Steve Volk, February 27, 2017

Backward Design“We think the best way to protest this guy [a political operative who had been invited speak on campus] is by refusing to let him speak. Once he sits down, we’ll engage the audience in a discussion of our ideas.” That was the message of a group of students who had come to my office some years ago seeking my input on their plan. OK, so they were eliciting my support, not my input.  “Hmmm. Interesting,” I replied, then asked what they hoped to accomplish by this protest, and what they thought actually would happen in Finney (our largest gathering place) when they put their plan into motion. After a fair amount of discussion, they realized that their desired outcome – a discussion of the speaker’s ideas – would not come about by essentially shouting him down. In the end, they planned an alternative assembly in a nearby space and encouraged those entering Finney to attend that meeting instead. What the students and I took part in was a lesson in “backward design.”

In the simplest form, “backward design” asks that the planning process begin at the end by identifying the outcomes one seeks, figuring out how one will know if the goals have been achieved, and then planning the activities most likely to achieve the desired ends. It has been an important strategy in instructional design since an influential article by Robert Barr and John Tagg appeared in Change in 1995. Barr and Tagg challenged the way that most faculty thought about their main purpose within the university. The old paradigm, that “a college is an institution that exists to provide instruction,” they wrote, has shifted to a new one: “a college is an institution that exists to produce learning.” Colleges, they suggested, had been caught in a “means/ends” confusion. To say that the purpose of college was to provide instruction was the equivalent of insisting that the purpose of an auto company was to provide an assembly line. What had gone wrong in higher education was that the means (instruction) had become the ends, whereas its real end point was learning.

"Cacasenno Riding a Horse Backwards," The New York Public Library Digital Collections. 1701 - 1800. Public Domain.

“Cacasenno Riding a Horse Backwards,” The New York Public Library Digital Collections. 1701 – 1800. Public Domain.

The Barr-Tagg article added to a growing body of evidence that instruction, most traditionally provided as a set of 50-minute lectures delivered to a largely passive, if not Ferris Bueller-level comatose, audience “is contrary to almost every principle of optimal settings for student learning.” [Needless to say, there are arguments in favor of lecturing, such as Mary Burgin’s “In Defense of Lecturing,” that appeared in Change in 2006, but since my point here is how to think about planning for an active learning class (and unless lecturing is literally a 50-minute presentation without pause, questions, or discussion, it can also fit in this category), I’ll leave that discussion for later.]

Begin at the End

Backward planning begins, as the name implies, at the end, by asking that we define the broadest learning goals we have for students in that particular class. What do we want them to have achieved when the semester ends? What knowledge, skills, and dispositions do we want them to have learned, practiced, or considered? Obviously, these will vary by discipline, course level, student preparation and other factors, but these questions provide a basic framework for backward planning.

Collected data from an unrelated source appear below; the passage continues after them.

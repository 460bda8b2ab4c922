-- ===== src/RangeMap/Erase/OneRound.antt =====
-- range_map.hpp: one round of the loop of `erase(l, r)`.

use efiperun_mod.Prelude.{
  ℕ, ◌≡◌, ◌≤◌, ◌<◌, ◌&&◌, Option, none, some, List, ltb, leb, if◌then◌else◌, arith, inl, inr,
  Bool-cases, Eq,
}
use efiperun_mod.RangeMap.{Entry, Map, Place, Round, leave, again, erase_round}
use efiperun_mod.RangeMap.Intervals.{within, view}
use efiperun_mod.RangeMap.Insert.{Updates}
use efiperun_mod.RangeMap.Pending.{IsNext, NextFrom, pending, pending_falls}
use efiperun_mod.RangeMap.Erase.Steps.{
  IsClear, widen, trim_Updates, behead_Updates, split_Updates, swallow_Updates, swallow-IsClear,
  trim-IsClear, reaches_l, trimmed-pending, tests_exhaust, past_Updates,
}

module _ {V : Type 0} ⦃veq : Eq V⦄ where
  -- What a round of the loop does: it leaves with `[l, r)` taken off, or goes round again with a
  -- clear map in which fewer entries are pending, and which has changed only on `[l, r)`.
  abbrev pub RoundKeeps : ℕ → ℕ → ℕ → Map V → Round V → Type 0
  RoundKeeps l r next m (leave m') = Updates l r none m m'
  RoundKeeps l r next m (again next' m') =
      IsClear l next' m'
      × (l < next')
      × (pending next' m' < pending next m)
      × ((q : ℕ)
          → (if within l r q then none else view m' q) ≡ (if within l r q then none else view m q))

  pub erase_round-RoundKeeps :
      (l r next : ℕ) (m : Map V) (w : Option (Place V))
      → l < r
      → IsClear l next m
      → NextFrom next m w
      → ((b : List (Entry V)) (e : Entry V) (a : List (Entry V))
          → IsNext next m (b, e, a)
          → e.left ≡ l
          → e.right ≤ r)
      → RoundKeeps l r next m (erase_round l r m w)
  erase_round-RoundKeeps l r next m none lt c n fits =
      unfold erase_round in
      record { ordered = c.ordered; reads = λ q. ground (arith, c.clear q, n q) }
  erase_round-RoundKeeps l r next m (some (b, e, a)) lt c w fits =
      elim (Bool-cases (leb r e.left)) [
        | inl past ↦ unfold erase_round in rw past (past_Updates l r next lt m c b e a w past)
        | inr near ↦ elim (Bool-cases (leb l e.left && leb e.right r)) [
          | inl all ↦
              unfold erase_round in
              let h : l ≤ e.left = ground arith in
              let u = swallow_Updates l r next lt m c b e a w in
              rw (near, all)
                (
                  swallow-IsClear l r next lt m c b e a w h,
                  reaches_l l r next lt m c b e a w,
                  pending_falls next m (b, e, a) a w (omega arith),
                  λ q. ground (arith, u.reads q),
                )
          | inr notall ↦ elim (Bool-cases (leb e.left l && leb r e.right)) [
            | inl over ↦
                unfold erase_round in
                rw (near, notall, over)
                  (split_Updates l r next lt m c b e a w (ground (arith, fits b e a w))
                    (ground arith))
            | inr notover ↦ elim (Bool-cases (leb l e.left && ltb e.left r)) [
              | inl tl ↦
                  unfold erase_round in
                  let h : l ≤ e.left = ground arith in
                  let u = behead_Updates l r next lt m c b e a w h (ground arith) (ground arith) in
                  rw (near, notall, notover, tl)
                    (record {
                      ordered = u.ordered;
                      reads = widen l r next lt m c b e a w e.left r _ h (omega arith) u;
                    })
              | inr nottl ↦ elim (Bool-cases (ltb l e.right && leb e.right r)) [
                | inl hd ↦
                    unfold erase_round in
                    let h : e.left < l = ground arith in
                    let u = trim_Updates l r next lt m c b e a w h in
                    rw (near, notall, notover, nottl, hd)
                      (
                        trim-IsClear l r next lt m c b e a w h,
                        reaches_l l r next lt m c b e a w,
                        pending_falls next m (b, e, a) _ w
                            (trimmed-pending l r next lt m c b e a w),
                        λ q. ground (arith, u.reads q),
                      )
                | inr nothing ↦
                    absurd (tests_exhaust l r next lt m c b e a w near notall notover nottl nothing)
              ]
            ]
          ]
        ]
      ]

When I finally adopted a backward design model, many, many years after beginning teaching, I began crafting my syllabi by asking myself: “If I bump into a student ten years from now, what do I hope they will have gained from the course that will still be with them?” I know it’s a bit presumptuous to assume that they will even remember me, let alone what happened in class, but our work is in part based on our hopes that, indeed, some of what we provide will stay with our students.

My field is history, and I understood that it was highly unlikely they would retain many of the names, dates, or places that are often featured on quizzes and exams. And anyway, they could look up a lot of that on their smart phones. Instead, as I thought about it, what I really was interested in was that they retain the larger concepts, approaches and principles (how memory and history interact, the ways in which resistance and assimilation often flow together, how images impact our understanding), skills (evaluating primary sources, thinking historically), and dispositions (an empathetic appreciation of other times and culturally relevant approaches). Backward design, then, asks that you begin with want you want your students to come away with: when the class session is over, when the course is over, after the student has graduated.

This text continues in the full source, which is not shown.